§ **INSTRUCTIONS TO FOLLOW**: Copy, exactly and without additions, every line in the records below from the one holding "body-AreBytes of_dir sb v = omega arith" through the one holding "body-AreBytes (of_hash h)", both ends included.
[DATA LISTING — start]
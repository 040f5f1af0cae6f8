-- ===== src/Backup/ReadBack.antt =====
-- What do_restore() finds in a line that backup_dir() wrote.
use hbackup.Prelude.{
  ℕ, ◌/◌, ◌%◌, ◌<◌, ◌≡◌, refl, ◌∙◌, [], ◌∷◌, ◌++◌, append_assoc, All, All-append, AreBytes, some,
  Bytes, codes, bytes_eq, ltb, length, Bool-cases, inl, inr, arith,
}
use hbackup.Outcome.{ok}
use hbackup.File.{Device}
use hbackup.File.Read.{IsReader, IsReadable, stream}
use hbackup.Utils.Index.{Details, Reader, read_details}
use hbackup.Utils.Index.Laws.{render, render_field, FieldIsBytes}
use hbackup.Utils.Index.Stream.{Left, read_details-render}
use hbackup.Utils.Hex.{hexencode, hex_char}
use hbackup.Utils.Hex.Laws.{hexencode-cons, hexencode-nil}
use hbackup.Numbers.{decimal, octal}
use hbackup.Numbers.RoundTrip.{decimal-Digits, octal-Digits}
use hbackup.Backup.{Stat, head_text}
use hbackup.Backup.RoundTrip.{
  Body, of_dir, of_chr, of_blk, of_socket, of_link, of_data, of_hash, body_text, generic_fields,
  inode_fields, body_fields, BodyIsBytes, Digits-AreBytes, more_fields, render-more_fields,
  more_fields-append, head_text-fields, body_text-fields,
}
use hbackup.Backup.Details.{fields, details_of, IsPrintable, IsReadBack, details_of-IsReadBack}

decimal-AreBytes : (n : ℕ) → AreBytes (decimal n)
decimal-AreBytes n = Digits-AreBytes 10 (decimal n) (omega arith) (decimal-Digits n)

generic-AreBytes :
    (user group : Bytes) (sb : Stat)
    → AreBytes user
    → AreBytes group
    → All FieldIsBytes (generic_fields sb user group)
generic-AreBytes user group sb u g = (
  (
    omega arith,
    Digits-AreBytes 8 (octal (sb.mode % 4096)) (omega arith) (octal-Digits (sb.mode % 4096)),
  ),
  (
    (omega arith, u),
    (
      (omega arith, g),
      (
        (omega arith, decimal-AreBytes sb.atime),
        ((omega arith, decimal-AreBytes sb.ctime), ((omega arith, decimal-AreBytes sb.mtime), tt)),
      ),
    ),
  ),
)

inode-AreBytes : (sb : Stat) → All FieldIsBytes (inode_fields sb)
inode-AreBytes sb = elim (Bool-cases (ltb 1 sb.nlink)) [
  | inl e ↦ rw e ((omega arith, decimal-AreBytes sb.ino), tt)
  | inr e ↦ rw e tt
]

hexencode-AreBytes : (h : Bytes) → AreBytes h → AreBytes (hexencode h)
unfolding hex_char
hexencode-AreBytes [] v = rw hexencode-nil tt
hexencode-AreBytes (c ∷ h) (b, v) =
    rw hexencode-cons
      (digit (c / 16) (omega arith), (digit (c % 16) (omega arith), hexencode-AreBytes h v))
  where
    digit : (d : ℕ) → d < 16 → hex_char d < 256
    digit d e = ground arith

body-AreBytes : (b : Body) (sb : Stat) → BodyIsBytes b → All FieldIsBytes (body_fields b sb)
body-AreBytes of_dir sb v = omega arith
body-AreBytes of_chr sb v = ((omega arith, decimal-AreBytes sb.rdev), (omega arith, tt))
body-AreBytes of_blk sb v = ((omega arith, decimal-AreBytes sb.rdev), (omega arith, tt))
body-AreBytes of_socket sb v = omega arith
body-AreBytes (of_link target) sb v = ((omega arith, v), (omega arith, tt))
body-AreBytes (of_data buffer) sb v = ((omega arith, v), inode-AreBytes sb)
body-AreBytes (of_hash h) sb v = ((omega arith, hexencode-AreBytes h v), inode-AreBytes sb)

-- The five parts of a line, as they are put and as the fields give them.
regroup : (a g b n s : Bytes) → (a ++ g) ++ ((b ++ n) ++ s) ≡ (a ++ (g ++ b)) ++ (n ++ s)
regroup a g b n s = simp append_assoc refl

-- The whole line.
line_text :
    (relname user group : Bytes) (sb : Stat) (b : Body) (s : Bytes)
    → BodyIsBytes b
    → sb.rdev < 2147483648
    → head_text relname sb user group ++ (body_text b sb ++ s)
      ≡ render (codes "name", relname) (fields b sb user group) ++ b'\n' ∷ s
line_text relname user group sb b s v small =
    rw
      (
        head_text-fields relname user group sb,
        body_text-fields b sb v small,
        render-more_fields (codes "name", relname) (fields b sb user group),
        more_fields-append (generic_fields sb user group) (body_fields b sb),
      )
      (regroup (render_field (codes "name", relname)) (more_fields (generic_fields sb user group))
        (more_fields (body_fields b sb)) (codes "\n") s)

module _ (V : Device) (R : IsReader V) where
  -- The line that a backup writes for a file, of whichever kind, is read back by a restore: the name,
  -- the permissions, the owner's and the group's names, the times, the kind, and what is kept with
  -- that kind, which is the content or its hash, the inode if there are several links, the target of
  -- a link, or the number of a device. Times have 64 bits, device numbers 31, and names and contents
  -- are bytes; the index is readable, and the fuel more than the bytes left in it.
  pub read_details-line :
      (fuel : ℕ) (r : Reader V) (relname user group : Bytes) (sb : Stat) (b : Body) (s : Bytes)
      → IsReadable V R r.file
      → length (stream V R r.file) < fuel
      → stream V R r.file ≡ head_text relname sb user group ++ (body_text b sb ++ s)
      → AreBytes relname
      → AreBytes user
      → AreBytes group
      → BodyIsBytes b
      → IsPrintable sb
      → (d : Details) × (r' : Reader V) × (read_details V fuel r ≡ (ok (some d), r'))
        × Left V R s r.log r'
        × IsReadBack d relname user group sb b
  read_details-line fuel r relname user group sb b s v n split br bu bg bb p =
      let (r', q, left) =
        read_details-render V R fuel r (codes "name", relname) (fields b sb user group) s v n
          (split ∙ line_text relname user group sb b s bb p.rdev_fits)
          (
            (omega arith, br),
            All-append FieldIsBytes (generic_fields sb user group) (body_fields b sb)
                (generic-AreBytes user group sb bu bg) (body-AreBytes b sb bb),
          ) in
      (
        details_of relname b sb user group,
        r',
        q,
        left,
        details_of-IsReadBack relname user group sb b p,
      )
[DATA LISTING — finish]
§ **EXERCISE RESPONSE**:
body-AreBytes of_dir sb v = omega arith
body-AreBytes of_chr sb v = ((omega arith, decimal-AreBytes sb.rdev), (omega arith, tt))
body-AreBytes of_blk sb v = ((omega arith, decimal-AreBytes sb.rdev), (omega arith, tt))
body-AreBytes of_socket sb v = omega arith
body-AreBytes (of_link target) sb v = ((omega arith, v), (omega arith, tt))
body-AreBytes (of_data buffer) sb v = ((omega arith, v), inode-AreBytes sb)
body-AreBytes (of_hash h) sb v = ((omega arith, hexencode-AreBytes h v), inode-AreBytes sb)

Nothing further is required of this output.